Mit der Revolution in der DDR kam auch die Freiheit in den Einzelhandel. In der Osthälfte Berlins wurden überall kleine Geschäfte gegründet, kaum größer als Kioske. Die Eigentümer, nicht selten Vietnamesen, verkaufen dort Obst, Gemüse, Zigaretten, Bier, Wasser, Fertigpizza, Brot und Dosenwurst. Was der Berliner eben so braucht, wenn er abends (oder nach durchzechter Nacht: morgens) nach Hause kommt.
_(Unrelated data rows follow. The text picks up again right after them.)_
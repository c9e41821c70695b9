-- ===== src/Memory/Entities.antt =====
-- The entities of crates/memory/src/graph.rs: what of an event is worth a node.
use contextd.Prelude.{
  ℕ, Bool, ◌&&◌, Option, none, some, List, [], ◌∷◌, ◌++◌, not, ◌==◌, if◌then◌else◌,
}
use contextd.Text.{Text, str, text_eq, split_whitespace, after_last, member, starts_with}
use contextd.Json.{Json, str_at}
use contextd.Core.Event.{ProcessedEvent, EventSource}
use contextd.Core.Validate.{trimmed}
use contextd.Pipeline.Content.{extract_error}

pub data EntityKind : Type 0 where
  file command repo error intent : EntityKind

unfoldable pub as_str : EntityKind → Text
as_str EntityKind.file = str "file"
as_str EntityKind.command = str "command"
as_str EntityKind.repo = str "repo"
as_str EntityKind.error = str "error"
as_str EntityKind.intent = str "intent"

unfoldable pub parse : Text → Option EntityKind
parse value =
    if text_eq value (str "file")
    then some file
    else if text_eq value (str "command")
    then some command
    else if text_eq value (str "repo")
    then some repo
    else if text_eq value (str "error")
    then some error
    else if text_eq value (str "intent")
    then some intent
    else none

abbrev pub tag : EntityKind → ℕ
tag EntityKind.file = 0
tag EntityKind.command = 1
tag EntityKind.repo = 2
tag EntityKind.error = 3
tag EntityKind.intent = 4

pub record Entity : Type 0 where
  pub kind : EntityKind
  pub name : Text

-- The derived `==`.
unfoldable pub entity_eq : Entity → Entity → Bool
entity_eq a b = tag a.kind == tag b.kind && text_eq a.name b.name

unfoldable pub key : Entity → Text
unfolding as_str
key e = as_str e.kind ++ (str ":" ++ e.name)

-- The subcommand of a multiplexer, unless it is an option.
unfoldable pub with_subcommand : Text → List Text → Text
with_subcommand name (head ∷ word ∷ words) =
    if member name (str "cargo" ∷ str "git" ∷ str "npm" ∷ str "pnpm" ∷ str "yarn" ∷ str "go" ∷ [])
      && not (starts_with word (str "-"))
    then name ++ (str " " ++ word)
    else name
with_subcommand name _ = name

unfoldable pub first_word : Text → List Text → Text
first_word line [] = line
first_word line (word ∷ words) = word

unfoldable pub program_of : Text → Text
unfolding with_subcommand first_word
program_of line =
    let words = split_whitespace line in
    with_subcommand (after_last 47 (first_word line words)) words

module _ {V : Type 0} (json : Json V) where
  -- The closure `string`: a field that is a string, trimmed and not blank.
  unfoldable pub string_at : V → Text → Option Text
  string_at payload key = trimmed (str_at json payload key)

  unfoldable pub entity_at : EntityKind → Option Text → List Entity
  entity_at kind none = []
  entity_at kind (some name) = record { kind = kind; name = name } ∷ []

  unfoldable pub of_source : EventSource → V → List Entity
  unfolding entity_at program_of string_at
  of_source EventSource.shell payload = elim (string_at payload (str "command")) [
    | none ↦ []
    | some text ↦ entity_at command (some (program_of text))
  ]
  of_source EventSource.proc payload = elim (string_at payload (str "command")) [
    | none ↦ []
    | some text ↦ entity_at command (some (program_of text))
  ]
  of_source EventSource.file_system payload = entity_at file (string_at payload (str "path"))
  of_source EventSource.editor payload = entity_at file (string_at payload (str "path"))
  of_source EventSource.manifest payload = entity_at file (string_at payload (str "file"))
  of_source EventSource.git payload = entity_at repo (string_at payload (str "repo"))
  of_source EventSource.claim payload = []
  of_source EventSource.note payload = []

  -- `filter_map` of the fields to their strings, then `find_map(extract_error)`
  unfoldable pub find_error : V → List Text → Option Text
  unfolding string_at
  find_error payload [] = none
  find_error payload (field ∷ fields) =
      let rest = find_error payload fields in
      elim (string_at payload field) [
        | none ↦ rest
        | some text ↦ elim (extract_error text) [ none ↦ rest | some line ↦ some line ]
      ]

  unfoldable pub entities_of : ProcessedEvent V → List Entity
  unfolding of_source find_error entity_at
  entities_of event =
      let payload = event.raw.payload in
      of_source event.raw.source payload
      ++ entity_at error
          (find_error payload (str "stderr" ∷ str "output" ∷ str "error" ∷ str "message" ∷ []))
Die Bezirke erteilten großzügig Ausnahmegenehmigungen. Schon lange vor dem Ende des Ladenschlußgesetzes hatten diese Geschäfte offen, wenn Kaiser’s, Aldi und Co. schließen mußten. Dieser Vorteil machte sich für die kleinen mittelständischen Unternehmen bezahlt. Sie konnten zwar den ruinösen Preiskampf mit den Billigmärkten, der stets und ständig kritisiert wird (siehe Milchpreise), nicht gewinnen. Aber sie waren für ihre Kunden auch dann noch da, wenn bei Edeka der Filialleiter das Licht ausschaltete.

Jetzt geht es den kleinen Spätverkaufs­stellen an den Kragen. Im Bezirk Pankow  drohen Einzelhändlern immer höhere Strafen, wenn sie ihr Geschäft auch am Sonntag betreiben. Bei Sonntagsverkauf sind schnell mal 2500 Euro fällig – das ist weit mehr als der Gewinn an diesem Tag.

In meiner Straße gibt es eine Araberin, die ihren Laden aus Furcht vor der Strafe sonntags lieber zuläßt. Und das trifft sie sehr schwer. Denn seit der Ladenschluß an Werktagen vor zwei Jahren gefallen ist, hat sie auch in der Woche keine Chance mehr gegen die großen Ketten. Gleich um die Ecke ist eine Supermarktfiliale eines internationalen Großkonzerns, mit der sie nicht mithalten kann. Der Sonntagsverkauf war ihre letzte rentable Einnahmequelle. Meine Kiosk­besitzerin denkt jetzt ans Aufgeben,

Das Bezirksamt, das die Geschäfte jahrelang toleriert hat, schaltet indes um auf stur. „So sind die Vorschriften“, heißt es dort lapidar. Immer mehr Händler machen jetzt zwangsweise zu.

Viele Berliner haben kein Verständnis für die neue harte Linie. Da sind kleine Familienunternehmen von Leuten, die sich nicht gehen lassen, die nicht zum Sozialamt rennen und nach Unterstützung schreien, sondern sich in ihrem Minibetrieb abschuften, um von selbst verdientem Geld leben zu können, weil sie niemandem auf der Tasche liegen wollen. Dann kommt die     Verwaltung und setzt sie einem Wettbewerb mit internationalen Großkonzernen aus, den sie nie und nimmer gewinnen können.

Und auf der nächsten Verdi-Kundgebung wird vermutlich ein Politiker von SPD oder Linkspartei auf dem Podium stehen und fordern, daß „man endlich die kleinen Leute vor der Macht der Großkonzerne schützen müsse“. Makaber.